▶ **TASK REQUIREMENTS**: Scan the material for the word "projects" and return every matching line.

▶ **DATA EXTRACT**:
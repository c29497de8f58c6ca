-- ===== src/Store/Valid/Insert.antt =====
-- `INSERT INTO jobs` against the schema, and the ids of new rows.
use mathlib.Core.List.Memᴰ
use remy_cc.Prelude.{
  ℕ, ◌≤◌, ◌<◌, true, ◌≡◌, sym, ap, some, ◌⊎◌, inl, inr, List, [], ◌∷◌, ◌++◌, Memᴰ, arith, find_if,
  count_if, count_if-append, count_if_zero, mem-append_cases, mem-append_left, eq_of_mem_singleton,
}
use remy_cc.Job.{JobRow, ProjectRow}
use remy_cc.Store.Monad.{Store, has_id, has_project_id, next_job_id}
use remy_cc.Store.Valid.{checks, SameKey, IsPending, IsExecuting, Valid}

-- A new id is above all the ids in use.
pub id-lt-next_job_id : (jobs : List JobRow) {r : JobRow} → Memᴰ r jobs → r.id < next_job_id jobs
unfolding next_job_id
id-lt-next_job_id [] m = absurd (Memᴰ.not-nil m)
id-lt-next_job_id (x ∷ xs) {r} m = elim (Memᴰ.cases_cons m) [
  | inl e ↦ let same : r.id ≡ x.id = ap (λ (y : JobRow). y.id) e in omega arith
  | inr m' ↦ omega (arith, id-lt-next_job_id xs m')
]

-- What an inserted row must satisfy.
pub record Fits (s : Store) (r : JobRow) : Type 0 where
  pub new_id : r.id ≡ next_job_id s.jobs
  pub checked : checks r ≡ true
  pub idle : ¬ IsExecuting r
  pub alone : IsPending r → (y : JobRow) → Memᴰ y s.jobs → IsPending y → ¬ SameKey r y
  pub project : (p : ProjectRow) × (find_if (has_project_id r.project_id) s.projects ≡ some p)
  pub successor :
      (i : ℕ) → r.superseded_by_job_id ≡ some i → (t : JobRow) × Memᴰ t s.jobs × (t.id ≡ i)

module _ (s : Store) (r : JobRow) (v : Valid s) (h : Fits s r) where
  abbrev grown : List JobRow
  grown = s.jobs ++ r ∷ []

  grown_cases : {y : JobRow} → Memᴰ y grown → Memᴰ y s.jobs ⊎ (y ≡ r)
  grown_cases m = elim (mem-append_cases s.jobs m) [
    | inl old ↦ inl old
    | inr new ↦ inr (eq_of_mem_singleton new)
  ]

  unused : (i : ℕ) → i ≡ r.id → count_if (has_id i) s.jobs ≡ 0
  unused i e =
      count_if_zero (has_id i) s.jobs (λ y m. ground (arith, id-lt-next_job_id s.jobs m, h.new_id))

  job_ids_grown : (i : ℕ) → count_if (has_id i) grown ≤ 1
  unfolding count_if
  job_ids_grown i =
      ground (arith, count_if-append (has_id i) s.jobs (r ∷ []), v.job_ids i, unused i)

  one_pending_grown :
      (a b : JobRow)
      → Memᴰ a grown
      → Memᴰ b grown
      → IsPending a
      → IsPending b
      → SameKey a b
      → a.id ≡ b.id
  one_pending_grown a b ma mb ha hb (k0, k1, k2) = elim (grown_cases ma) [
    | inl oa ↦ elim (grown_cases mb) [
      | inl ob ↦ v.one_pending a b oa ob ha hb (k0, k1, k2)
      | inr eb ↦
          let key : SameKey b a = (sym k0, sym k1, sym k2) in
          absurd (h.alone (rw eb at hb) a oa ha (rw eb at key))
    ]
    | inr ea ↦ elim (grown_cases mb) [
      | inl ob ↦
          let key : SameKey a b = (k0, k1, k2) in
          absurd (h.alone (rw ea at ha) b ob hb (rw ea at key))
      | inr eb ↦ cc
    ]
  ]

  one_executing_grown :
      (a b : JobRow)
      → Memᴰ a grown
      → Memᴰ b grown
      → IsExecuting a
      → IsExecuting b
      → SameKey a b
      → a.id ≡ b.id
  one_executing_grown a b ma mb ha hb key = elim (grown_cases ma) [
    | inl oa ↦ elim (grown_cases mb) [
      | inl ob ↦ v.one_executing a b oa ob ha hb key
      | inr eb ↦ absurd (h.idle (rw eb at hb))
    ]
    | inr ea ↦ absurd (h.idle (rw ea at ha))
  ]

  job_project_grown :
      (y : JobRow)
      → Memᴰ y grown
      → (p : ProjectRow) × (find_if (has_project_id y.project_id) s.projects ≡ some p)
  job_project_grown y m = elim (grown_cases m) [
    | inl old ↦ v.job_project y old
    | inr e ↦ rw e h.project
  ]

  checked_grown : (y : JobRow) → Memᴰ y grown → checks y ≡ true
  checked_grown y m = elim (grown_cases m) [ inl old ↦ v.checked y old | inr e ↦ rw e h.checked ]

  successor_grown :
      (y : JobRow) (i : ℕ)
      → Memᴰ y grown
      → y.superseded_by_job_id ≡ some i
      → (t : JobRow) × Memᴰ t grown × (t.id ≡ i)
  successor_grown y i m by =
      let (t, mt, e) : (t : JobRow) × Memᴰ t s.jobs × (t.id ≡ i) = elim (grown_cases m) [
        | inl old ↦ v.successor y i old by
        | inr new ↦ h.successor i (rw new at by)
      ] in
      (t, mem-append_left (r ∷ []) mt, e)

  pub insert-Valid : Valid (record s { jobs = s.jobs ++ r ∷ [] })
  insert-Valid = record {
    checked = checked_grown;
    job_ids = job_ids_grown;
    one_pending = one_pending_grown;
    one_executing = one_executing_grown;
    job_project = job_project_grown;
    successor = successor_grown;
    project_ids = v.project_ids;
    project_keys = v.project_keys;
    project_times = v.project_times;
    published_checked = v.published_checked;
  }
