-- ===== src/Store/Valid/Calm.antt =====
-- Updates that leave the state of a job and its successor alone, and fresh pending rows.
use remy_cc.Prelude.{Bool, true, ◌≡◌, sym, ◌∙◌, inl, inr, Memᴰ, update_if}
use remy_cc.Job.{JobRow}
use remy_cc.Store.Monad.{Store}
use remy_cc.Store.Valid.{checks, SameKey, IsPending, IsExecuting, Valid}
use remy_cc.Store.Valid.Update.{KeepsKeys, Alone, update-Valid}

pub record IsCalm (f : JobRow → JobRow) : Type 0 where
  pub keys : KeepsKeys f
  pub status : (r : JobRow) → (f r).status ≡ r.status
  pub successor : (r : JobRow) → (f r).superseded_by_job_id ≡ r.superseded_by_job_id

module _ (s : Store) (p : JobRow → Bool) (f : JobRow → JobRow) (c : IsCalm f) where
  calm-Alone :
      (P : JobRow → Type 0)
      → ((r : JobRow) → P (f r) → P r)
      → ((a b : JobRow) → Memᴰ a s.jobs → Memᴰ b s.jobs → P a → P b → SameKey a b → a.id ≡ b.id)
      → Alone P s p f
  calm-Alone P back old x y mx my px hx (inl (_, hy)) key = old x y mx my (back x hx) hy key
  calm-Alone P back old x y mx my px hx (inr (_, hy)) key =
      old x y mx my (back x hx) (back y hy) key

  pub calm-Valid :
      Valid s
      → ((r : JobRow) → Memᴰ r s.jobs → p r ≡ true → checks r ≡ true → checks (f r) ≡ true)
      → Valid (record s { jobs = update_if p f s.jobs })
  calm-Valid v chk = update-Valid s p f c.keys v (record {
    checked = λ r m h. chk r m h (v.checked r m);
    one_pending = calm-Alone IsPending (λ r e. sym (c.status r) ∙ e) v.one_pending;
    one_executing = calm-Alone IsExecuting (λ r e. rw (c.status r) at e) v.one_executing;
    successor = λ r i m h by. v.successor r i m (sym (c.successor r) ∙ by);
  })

▶ **ANSWER BELOW**:
  pub project : (p : ProjectRow) × (find_if (has_project_id r.project_id) s.projects ≡ some p)
      → (p : ProjectRow) × (find_if (has_project_id y.project_id) s.projects ≡ some p)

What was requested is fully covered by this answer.